SIFF Advance: AND THE KING SAID, WHAT A FANTASTIC MACHINE
Directing: B
Writing: B-
Cinematography: B+
Editing: B+
And the King Said, What a Fantastic Machine is ostensibly a critical, yet beautiful, look at the history of the camera: from still photographs to moving pictures, from an hours-long process to capture one image to a world rife with photographic immersion. We’re meant to learn, I suppose, how the camera over time has influenced and distorted how we see what is in front of our very eyes.
And is is undeniably, deeply fascinating, especially for a film without any overt narrative beyond the very passage of time, from the first-ever photograph, taken in France in 1826, to the mass-media digital world we live in today. I just wish this film had a little more in the way of insight.
And the King Said is of a certain type of documentary film, assembled as a collage meant to convey the “big picture”—no pun intended—on a particular concept, without intercutting to talking heads, or anyone attempting to contextualize for us. This films jumps far back and forth through time, taking select images, or clips from YouTube or TikTok, and then jumping back to certain breakthroughs like the series of photographs proving horses have moments of all four hooves above the ground when they run, or the famous film of a train that was the first motion picture shown to large audiences.
If there’s any problem with And the King Said, it’s that it attempts to convey far too much in far too little time—all of 88 minutes, to be exact, to cover nearly two hundred years of history. And although the instinct on the part of co-directors Axel Danielson and Maximilien Van Aertryck to tilt heavily toward coverage of the explosion of digital photography in the 21st century makes sense, the resulting effect is a series of random images that hardly feels like any random deep dive into Flickr or YouTube or Instagram. The film notes how many millions of photos are published every minute, which only makes one wonder how they chose all the images they include in this particular edit. There’s a million other edits that could have had exactly the same effect, and if you think too much about that, it dilutes whatever meaning this film is supposed to have.
I would have liked to see more time spent on watershed moments in the advancement of photography before the 21st century, and how those jumps in technological evolution insidiously infected the public consciousness. The paradigm-shifting advancement of television, for example, gets all but a few minutes of time, even though had a movie of exactly this sort been made in, say, 1995, it likely would have spent most of its time on that.
To be fair, And the King Said has some pretty sobering moments. There’s the award-winning photograph of a dead little girl in the wake of the 2010 earthquake in Haiti, juxtaposed with a photo of the line of photojournalists all squatting to take her picture. (It could be argued it’s the latter shot that really deserves an award.) There’s the clip of a chimpanzee scrolling through Instagram exactly the same way any of us do, which, for me at least, caused some real cognitive dissonance.
And I have to admit, this film had me thinking about whether I should improve my life by deleting all of my social media. The science used in these apps’ algorithms dates back further than you think, when research was done decades ago to find out what interested people most, and content producers bought the data. Of course, I am far too addicted to TikTok or even online streaming platforms like HBO Max to have any hope of escaping their clutches. And the King Said, What a Fantastic Machine offers a window into how we got here, where a company like Netflix can use simple computing to know our interests better than we know them ourselves.
That said, if that is the point of And the King Said, maybe the filmmakers should have been more explicit about that. I went in expecting a history of the camera and its effects on society—and there is some of that; one fascinating sequence shows people’s brains being broken by a demonstration of how cameras work, which is the exact same way our eyesight works, and is both incredibly simple and something I am unable to explain.

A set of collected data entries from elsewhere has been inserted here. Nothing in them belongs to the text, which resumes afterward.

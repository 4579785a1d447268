-- ===== src/Metrics.antt =====
-- src/metrics.rs: the counters of the reconciler. A duration is kept in the milliseconds that the
-- source divides by 1000, a counter (u64 in prometheus_client) as a number without a bound; `trace_text` is the `Display` of a trace id.
pub mod Counts
use sdb_controller.Prelude.{
  ℕ, suc, ◌-◌, Bool, ◌&&◌, Option, none, some, String, ◌==◌, List, [], ◌∷◌, eqb, if◌then◌else◌,
}

-- `opentelemetry::trace::TraceId`, a number; 0 is `INVALID`.
abbrev pub invalid_trace : ℕ
invalid_trace = 0

pub record TraceLabel : Type 0 where
  pub trace_id : String

-- `TraceLabel::try_from(id).ok()`
unfoldable pub try_from : (ℕ → String) → ℕ → Option TraceLabel
try_from trace_text id =
    if eqb id invalid_trace then none else some (record { trace_id = trace_text id })

pub record ErrorLabels : Type 0 where
  pub instance_ : String
  pub error : String

pub record ReconcileMetrics : Type 0 where
  pub runs : ℕ
  pub failures : List (ErrorLabels × ℕ)
  pub duration : List (ℕ × Option TraceLabel)

abbrev pub same_labels : ErrorLabels → ErrorLabels → Bool
same_labels a b = a.instance_ == b.instance_ && a.error == b.error

-- `failures.get_or_create(labels).inc()`
unfoldable pub increment : ErrorLabels → List (ErrorLabels × ℕ) → List (ErrorLabels × ℕ)
increment labels [] = (labels, 1) ∷ []
increment labels ((other, n) ∷ family) =
    if same_labels labels other
    then (other, suc n) ∷ family
    else (other, n) ∷ increment labels family

unfoldable pub set_failure : String → String → ReconcileMetrics → ReconcileMetrics
unfolding increment
set_failure name label m = record m {
  failures = increment (record { instance_ = name; error = label }) m.failures;
}

pub record ReconcileMeasurer : Type 0 where
  pub start : ℕ
  pub labels : Option TraceLabel

unfoldable pub count_and_measure :
    (ℕ → String) → ℕ → ℕ → ReconcileMetrics → ReconcileMeasurer × ReconcileMetrics
unfolding try_from
count_and_measure trace_text trace_id now m =
    (record { start = now; labels = try_from trace_text trace_id }, record m { runs = suc m.runs })

-- `Drop for ReconcileMeasurer`
unfoldable pub drop : ReconcileMeasurer → ℕ → ReconcileMetrics → ReconcileMetrics
drop measurer now m = record m { duration = (now - measurer.start, measurer.labels) ∷ m.duration }
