-- ===== src/Api/Effects.antt =====
-- The state that a reconciler runs in, and its actions: they may fail or panic, and what was done
-- before stays done.
use sdb_controller.Prelude.{ℕ, Char, Bool, true, false, Option, none, some, String, List, [], ◌∷◌}
use sdb_controller.Error.{Error}
use sdb_controller.Resources.Core.{ObjectMeta, OwnerReference}
use sdb_controller.Metrics.{ReconcileMetrics}
use sdb_controller.Api.Calls.{Call, Reply, Fault, HttpRequest}

-- `Result<T, E>` of Rust.
pub data Try (E A : Type 0) : Type 0 where
  ok : A → Try E A
  err : E → Try E A

abbrev pub is_ok : {E A : Type 0} → Try E A → Bool
is_ok (ok a) = true
is_ok (err e) = false

-- `url::Url`
pub record Url : Type 0 where
  pub host_str : Option String
  pub port : Option ℕ
  pub path : String

-- The outside. `respond` stands for all that happens until a reply is there, other clients' writes
-- included; `none` of `header_value`, `build_http` and `build_reqwest` is success.
pub record Kube : Type 1 where
  pub State : Type 0
  pub respond : (call : Call) → State → Try (Fault call) (Reply call) × State
  pub alphanumeric : State → Char × State  -- `rng().sample(&Alphanumeric)`
  pub random_below : ℕ → State → ℕ × State  -- `rng().random_range(0..n)`
  pub now : State → ℕ × State
  pub trace_id : State → ℕ
  pub name_any : ObjectMeta → String
  pub controller_owner_ref : (api_version kind : String) → ObjectMeta → Option OwnerReference
  pub trace_text : ℕ → String
  pub error_text : Error → String  -- `format!("{e:?}").to_lowercase()`
  pub base64 : String → String
  pub header_value : String → Option String  -- the error of `HeaderValue::from_str`
  pub parse_url : String → Try String Url
  pub build_http : HttpRequest → Option String
  pub build_reqwest : HttpRequest → Option String

-- A request as it was sent, and the reply that it got.
pub record Entry : Type 0 where
  pub call : Call
  pub reply : Try (Fault call) (Reply call)

-- The log has the latest request first. `last_event` is that of the shared `Diagnostics`.
pub record World (S : Type 0) : Type 0 where
  pub state : S
  pub log : List Entry
  pub metrics : ReconcileMetrics
  pub last_event : ℕ

pub data Outcome (A : Type 0) : Type 0 where
  done : A → Outcome A
  failed : Error → Outcome A
  panic : Outcome A

abbrev pub is_done : {A : Type 0} → Outcome A → Bool
is_done (done a) = true
is_done (failed e) = false
is_done panic = false

module _ ⦃K : Kube⦄ where
  abbrev pub M : Type 0 → Type 0
  M A = World K.State → Outcome A × World K.State

  module _ {A : Type 0} where
    unfoldable pub pure : A → M A
    pure a w = (done a, w)

    unfoldable pub raise : Error → M A
    raise e w = (failed e, w)

    -- A pure function of the crate that may fail or panic.
    unfoldable pub settled : Outcome A → M A
    settled o w = (o, w)

    -- `unwrap` and `expect` on an option
    unfoldable pub unwrap : Option A → M A
    unwrap none w = (panic, w)
    unwrap (some a) w = (done a, w)

  module _ {A B : Type 0} where
    abbrev pub continue : Outcome A → (A → M B) → M B
    continue (done a) f w = f a w
    continue (failed e) f w = (failed e, w)
    continue panic f w = (panic, w)

    infixl 5 ◌>>=◌
    unfoldable pub ◌>>=◌ : M A → (A → M B) → M B
    ◌>>=◌ m f w = let (r, w') = m w in continue r f w'

  module _ {B : Type 0} where
    infixl 5 ◌>>◌
    abbrev pub ◌>>◌ : M (Unit {0}) → M B → M B
    m >> k = m >>= λ _. k

  module _ {A : Type 0} where
    abbrev pub caught : Outcome A → World K.State → Outcome (Try Error A) × World K.State
    caught (done a) w = (done (ok a), w)
    caught (failed e) w = (done (err e), w)
    caught panic w = (panic, w)

    -- The result of an action as a value, for `match` and `if let Err(e)`.
    unfoldable pub attempt : M A → M (Try Error A)
    attempt m w = let (r, w') = m w in caught r w'

    -- `.ok();`
    abbrev pub ignore : M A → M (Unit {0})
    ignore m = attempt m >>= λ _. pure tt

  -- One request, its reply and its entry in the log.
  unfoldable pub send : (call : Call) → M (Try (Fault call) (Reply call))
  send call w =
      let (r, s) = K.respond call w.state in
      (done r, record w { state = s; log = record { call = call; reply = r } ∷ w.log })

  -- `.map_err(f)?`
  module _ {E A : Type 0} where
    unfoldable pub lift : (E → Error) → Try E A → M A
    lift f (ok a) w = (done a, w)
    lift f (err e) w = (failed (f e), w)

  -- `match r { Err(e) => …, Ok(a) => … }` and `match o { None => …, Some(a) => … }`
  module _ {A B E : Type 0} where
    unfoldable pub on_try : Try E A → (E → M B) → (A → M B) → M B
    on_try (ok a) f g = g a
    on_try (err e) f g = f e

  module _ {A B : Type 0} where
    unfoldable pub on_option : Option A → M B → (A → M B) → M B
    on_option none m g = m
    on_option (some a) m g = g a

  abbrev pub start : K.State → World K.State
  start s = record {
    state = s;
    log = [];
    metrics = record { runs = 0; failures = []; duration = [] };
    last_event = 0;
  }

  module _ {A : Type 0} where
    -- The requests that an action sends, the latest first, when it is run in a state of the outside.
    abbrev pub trace : M A → K.State → List Entry
    trace m s = (m (start s)).1.log

    abbrev pub result : M A → K.State → Outcome A
    result m s = (m (start s)).0
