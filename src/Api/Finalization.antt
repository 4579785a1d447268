-- ===== src/Api/Finalization.antt =====
-- The finalizer helper of kube-rs, as far as its callers see it: it may run either of two actions on
-- the object, any number of times, send requests of its own, and fail with an error of which the
-- text is kept; the texts of its four errors say which part failed. `IsFinalizer` is what its documentation says where the object has no finalizer or
-- only that of the caller.
use sdb_controller.Prelude.{
  ◌≡◌, true, none, some, get_or, String, ◌==◌, List, [], ◌∷◌, any, is_some,
}
use sdb_controller.Error.{Error, finalizer_error}
use sdb_controller.Resources.Core.{
  ObjectMeta, PatchOperation, test, add, remove, null, string, array, cons, nil,
}
use sdb_controller.Api.Effects.{Kube, M, Try, ok, err, pure, attempt, lift, ◌>>=◌, ◌>>◌}

module _ ⦃K : Kube⦄ (Object Action : Type 0) where
  abbrev pub Finalizer : Type 0
  Finalizer = (name : String) → Object → (apply cleanup : M Action) → M (Try String Action)

module _ ⦃K : Kube⦄ {Object Action : Type 0} where
  -- `finalizer(…).await.map_err(|e| Error::FinalizerError(Box::new(e)))`
  unfoldable pub finalized :
      Finalizer Object Action → String → Object → (apply cleanup : M Action) → M Action
  finalized finalizer name object apply cleanup = do
    r ← finalizer name object apply cleanup
    lift finalizer_error r

abbrev pub adding : String → List PatchOperation
adding name =
    test "/metadata/finalizers" null
    ∷ add "/metadata/finalizers" (array (cons (string name) nil))
    ∷ []

abbrev pub removing : String → List PatchOperation
removing name = test "/metadata/finalizers/0" (string name) ∷ remove "/metadata/finalizers/0" ∷ []

module _ {A : Type 0} where
  abbrev relabel : (Error → String) → Try Error A → Try String A
  relabel text (ok a) = ok a
  relabel text (err e) = err (text e)

  -- The result of an action, its error by the helper's own text.
  unfoldable pub reported : ⦃K : Kube⦄ → (Error → String) → M A → M (Try String A)
  reported text m = do r ← attempt m; pure (relabel text r)

  -- The removal of the finalizer, once the cleanup has ended.
  unfoldable pub removal :
      ⦃K : Kube⦄ → (text text' : Error → String) → Try Error A → M (Unit {0}) → M (Try String A)
  unfolding reported
  removal text text' (ok a) patch = reported text' (patch >> pure a)
  removal text text' (err e) patch = pure (err (text e))

  -- The cleanup and the removal of the finalizer, an error by the text of the part that failed.
  unfoldable pub cleaned :
      ⦃K : Kube⦄ → (text text' : Error → String) → M A → M (Unit {0}) → M (Try String A)
  unfolding removal
  cleaned text text' cleanup patch = do r ← attempt cleanup; removal text text' r patch

-- `patch` sends a JSON patch of the object, and `unchanged` is the action to await the next change.
pub record IsFinalizer ⦃K : Kube⦄ {Object Action : Type 0} (meta : Object → ObjectMeta)
    (patch : Object → List PatchOperation → M (Unit {0})) (unchanged : Action)
    (finalizer : Finalizer Object Action) : Type 0 where
  pub apply_failed : Error → String
  pub add_failed : Error → String
  pub cleanup_failed : Error → String
  pub remove_failed : Error → String
  pub applied :
      (name : String) (o : Object) (apply cleanup : M Action)
      → any (λ n. n == name) (get_or (meta o).finalizers []) ≡ true
      → (meta o).deletion_timestamp ≡ none
      → finalizer name o apply cleanup ≡ reported apply_failed apply
  pub added :
      (name : String) (o : Object) (apply cleanup : M Action)
      → (meta o).finalizers ≡ none
      → (meta o).deletion_timestamp ≡ none
      → finalizer name o apply cleanup
        ≡ reported add_failed (patch o (adding name) >> pure unchanged)
  pub removed :
      (name : String) (o : Object) (apply cleanup : M Action)
      → (meta o).finalizers ≡ some (name ∷ [])
      → is_some (meta o).deletion_timestamp ≡ true
      → finalizer name o apply cleanup
        ≡ cleaned cleanup_failed remove_failed cleanup (patch o (removing name))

I guess you could call this film more of a meditation. If it had a mantra, though, it would be connected far more to very recent years, when we get viral videos of a woman doing sexy poses with a plush hamburger, or a group of amateur idiots get death-defying shots of a young woman being hung over the side of a skyscraper. Don’t even get me started on the guy who is driven crazy by viewers of his constant livestream who are going out of their way to cause chaos in his life, but for some reason he continues to livestream, including a stream of his rant against his viewers. You do have other options, sir.
But, maybe that’s the point: it’s easy to say there are options, and quite another to choose any of the other options, in a world optimized for engagement. It would be easy to get into a bit of an existential funk after watching this movie. Personally, I prefer to complain about its lack of narrative focus.